The Korean Peninsula denuclearisation process took another hit on Saturday when talks between the Democratic People’s Republic of Korea and the United States broke down in Stockholm.

The chief DPRK negotiator attributed the setback to the US not discarding its “old stance and attitude” and coming to the negotiating table with an “empty hand”. Pyongyang also said on Sunday it is not willing to hold further negotiations until Washington abandons its “hostile policy”.

The frustration is understandable given that little, if any, progress has been made since DPRK leader Kim Jong Un and US President Donald Trump held their first summit in Singapore in June 2018.

Pyongyang began dialogue with Washington in the hope that it would get some economic and political benefits for its denuclearisation initiatives that included suspension of nuclear and long-range missile tests and the closing of its underground nuclear testing site.

Yet the response from the US has so far been lukewarm.
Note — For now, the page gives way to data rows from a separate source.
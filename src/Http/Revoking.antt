-- ===== src/Http/Revoking.antt =====
-- What a revocation through pairing_api.py does to the live access of a device: its token, its
-- sockets and its MCP sessions.
use mathlib.Core.Path.{subst}
use goffy_os.Prelude.{
  ℕ, String, ◌≡◌, refl, inl, inr, true, false, none, some, ◌++◌, arith, Bool-cases, if◌then◌else◌,
  nat_eq, string_eq, nat_beq_iff,
}
use goffy_os.Prelude.Result.{ok}
use goffy_os.Prelude.Dict.{get, IsDistinct, get-remove, get-remove_all}
use goffy_os.Protocol.{Uuid}
use goffy_os.Approval.{Crypto}
use goffy_os.Credentials.{Platform, PairedCredential, authenticate, is_active, revoke}
use goffy_os.Credentials.Invariant.{IsValid}
use goffy_os.Credentials.Revocation.{revoke-authenticate, is_active-revoke}
use goffy_os.Auth.Principal.{AuthenticatedPrincipal}
use goffy_os.Connections.{revoke_sockets, sockets_of}
use goffy_os.Mcp.Manager.{terminate_client}
use goffy_os.Mcp.Manager.Termination.{is_session_of, terminate_client-EndsSessions}
use goffy_os.Mcp.Slots.{remove_sessions}
use goffy_os.Http.{
  Hub, ApiRequest, Net, ◌>>◌, require_loopback_admin, entry_of, audit, require_audit_ready,
  revoke_live_access, paired_client_id,
}
use goffy_os.Http.PairingRequests.{Redemptions, Env, RevocationResponse, from_store}
use goffy_os.Http.PairingRoutes.{
  revoke_stored, perform_revocation, revoke_audited, revoke_by_admin, revoke_paired_credential,
  found_or,
}
use goffy_os.Audit.Window.{AuditEntry}
use goffy_os.Http.Warrants.{Returns, Returns-later, require_loopback_admin-Returns}

module _ (c : Crypto) (p : Platform) (net : Net) where
  -- The Hub after a revocation, but for the audit log
  record Revoked (env : Env) (id : Uuid) (h h' : Hub) : Type 0 where
    reachable : env.store_reachable ≡ true
    table : h'.table ≡ (revoke p true env.now id h.table).0
    connections : h'.connections ≡ (revoke_sockets id h.connections).0
    closed : h'.closed ≡ h.closed ++ (revoke_sockets id h.connections).1
    manager : h'.manager ≡ (terminate_client (paired_client_id c p net id) h.manager).0
    slots :
        h'.slots
        ≡ remove_sessions (terminate_client (paired_client_id c p net id) h.manager).1 h.slots

  module _ (rs : Redemptions) (env : Env) (id : Uuid) where
    perform_revocation-Revoked :
        (performed : String) (principal : AuthenticatedPrincipal) (otherwise : ℕ × String × String)
        (h h' : Hub) (response : RevocationResponse)
        → Returns (perform_revocation c p net rs env performed principal id otherwise) h h' response
        → Revoked env id h h'
    unfolding perform_revocation revoke_stored revoke_live_access audit from_store found_or revoke
    perform_revocation-Revoked performed principal (status, code, message) h h' response returned =
        elim (Bool-cases env.store_reachable) [
          | inr down ↦ absurd (ground arith)
          | inl up ↦ ground arith
        ]

    -- What the readiness check and the entry of the request leave of the Hub
    record SameButLog (h h1 : Hub) : Type 0 where
      table : h1.table ≡ h.table
      connections : h1.connections ≡ h.connections
      closed : h1.closed ≡ h.closed
      manager : h1.manager ≡ h.manager
      slots : h1.slots ≡ h.slots

    require_audit_ready-SameButLog :
        (h h1 : Hub)
        → Returns (require_audit_ready c p net env.audit_ready) h h1 tt
        → SameButLog h h1
    unfolding require_audit_ready
    require_audit_ready-SameButLog h h1 returned = ground arith

    audit-SameButLog :
        (x : AuditEntry) (h h1 : Hub)
        → Returns (audit c p net env.first true x) h h1 tt
        → SameButLog h h1
    unfolding audit
    audit-SameButLog x h h1 returned = ground arith

    earlier : (h h1 h' : Hub) → SameButLog h h1 → Revoked env id h1 h' → Revoked env id h h'
    earlier h h1 h' same after = record {
      reachable = after.reachable;
      table = rw (← same.table) after.table;
      connections = rw (← same.connections) after.connections;
      closed = rw (← same.connections, ← same.closed) after.closed;
      manager = rw (← same.manager) after.manager;
      slots = rw (← same.manager, ← same.slots) after.slots;
    }

    revoke_audited-Revoked :
        (requested performed : String) (principal : AuthenticatedPrincipal)
        (otherwise : ℕ × String × String) (h h' : Hub) (response : RevocationResponse)
        → Returns
            (revoke_audited c p net rs env requested performed principal id otherwise)
            h
            h'
            response
        → Revoked env id h h'
    unfolding revoke_audited
    revoke_audited-Revoked requested performed principal otherwise h h' response returned =
        let x = entry_of c p net requested (some principal) (some id) none in
        let k = perform_revocation c p net rs env performed principal id otherwise in
        let (h1, u, ready, rest) =
          Returns-later (require_audit_ready c p net env.audit_ready)
            (λ _. audit c p net env.first true x >> k) h h' response returned in
        let (h2, v, kept, last) =
          Returns-later (audit c p net env.first true x) (λ _. k) h1 h' response rest in
        earlier h h1 h' (require_audit_ready-SameButLog h h1 ready) (
          earlier h1 h2 h' (audit-SameButLog x h1 h2 kept)
            (perform_revocation-Revoked performed principal otherwise h2 h' response last))

    revoke_paired_credential-Revoked :
        (r : ApiRequest) (h h' : Hub) (response : RevocationResponse)
        → Returns (revoke_paired_credential c p net rs env id r) h h' response
        → Revoked env id h h'
    unfolding revoke_paired_credential revoke_by_admin
    revoke_paired_credential-Revoked r h h' response returned =
        let (h1, principal, admin, rest) =
          Returns-later (require_loopback_admin c p net env.store_reachable r)
            (revoke_by_admin c p net rs env id) h h' response returned in
        let same =
          (require_loopback_admin-Returns c p net env.store_reachable r h h1 principal admin).0 in
        subst (λ x. Revoked env id x h') same
          (revoke_audited-Revoked _ _ principal _ h1 h' response rest)

  -- The access of a credential after `h'`, where the Hub was `h` before
  pub record LosesAccess (id : Uuid) (h h' : Hub) : Type 0 where
    pub inactive : is_active true id h'.table ≡ ok false
    pub no_token : ¬ (
        (token : String) × (credential : PairedCredential) × (authenticate p true token h'.table
          ≡ ok (some credential))
        × (credential.credential_id ≡ id))
    pub no_socket : get h'.connections id ≡ none
    pub sockets_closed : h'.closed ≡ h.closed ++ sockets_of h.connections id
    pub owner :
        (s : String)
        → get h'.manager.session_owners s ≡ (
            if is_session_of (paired_client_id c p net id) h.manager s
            then none
            else get h.manager.session_owners s)
    pub transport :
        (s : String)
        → get h'.manager.server_instances s ≡ (
            if is_session_of (paired_client_id c p net id) h.manager s
            then none
            else get h.manager.server_instances s)
    pub slot :
        (s : String)
        → get h'.slots.active_sessions s ≡ (
            if is_session_of (paired_client_id c p net id) h.manager s
            then none
            else get h.slots.active_sessions s)

  -- After an administrator's revocation that returned, in a Hub with a valid table and one owner
  -- for each MCP session, the credential is not active, no token opens it, its sockets are no longer
  -- registered and were all added to the closed ones, and its MCP sessions have no owner, no
  -- transport and no slot, while other sessions keep theirs.
  pub revoke_paired_credential-LosesAccess :
      (rs : Redemptions) (env : Env) (id : Uuid) (r : ApiRequest) (h h' : Hub)
      (response : RevocationResponse)
      → IsValid h.table
      → IsDistinct h.manager.session_owners
      → revoke_paired_credential c p net rs env id r h ≡ (h', ok response)
      → LosesAccess id h h'
  unfolding revoke_sockets remove_sessions
  revoke_paired_credential-LosesAccess rs env id r h h' response v u returned =
      let after = revoke_paired_credential-Revoked rs env id r h h' response returned in
      let client = paired_client_id c p net id in
      let ids = (terminate_client client h.manager).1 in
      let ends = λ (s : String). terminate_client-EndsSessions client h.manager s u in
      record {
        inactive = rw (after.table) (is_active-revoke p env.now id h.table);
        no_token = λ (token, credential, opened, same).
            (revoke-authenticate p env.now id h.table token credential v).1
              (rw (after.table) at opened, same);
        no_socket =
            rw (after.connections, get-remove h.connections id id)
              (ground (arith, nat_beq_iff id id));
        sockets_closed = after.closed;
        owner = λ s. rw (after.manager, (ends s).owner) refl;
        transport = λ s. rw (after.manager, (ends s).instance_gone) refl;
        slot =
            λ s. rw (after.slots, get-remove_all h.slots.active_sessions ids s, (ends s).told) refl;
      }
Punitive sanctions imposed on Pyongyang since 2008 remain in place, and joint military drills between the US and the Republic of Korea, although scaled down, continue to draw the DPRK’s anger because it sees them as a rehearsal for invasion.

Washington insists that Pyongyang will be rewarded only after “final and fully verified denuclearisation” is achieved, a precondition that the DPRK has rejected outright as a unilateral concession on its part.

A deep mistrust born out of decades of animosity and military confrontation makes it impossible for Pyongyang to completely abandon a nuclear programme that it has worked so hard to build without an absolute guarantee of its national security from Washington.

Trump’s verbal promise that the DPRK will enjoy economic prosperity in return for abandoning its nuclear weapons programme is just not convincing enough if it is not backed by tangible support such as the lifting of sanctions.

Trump has presented his engagement with the DPRK leader as a historic diplomatic breakthrough. That may explain why he has played down a series of missile tests the DPRK has conducted since May. But the continuous stalemate on the nuclear issue is not adding any marks to his scorecard.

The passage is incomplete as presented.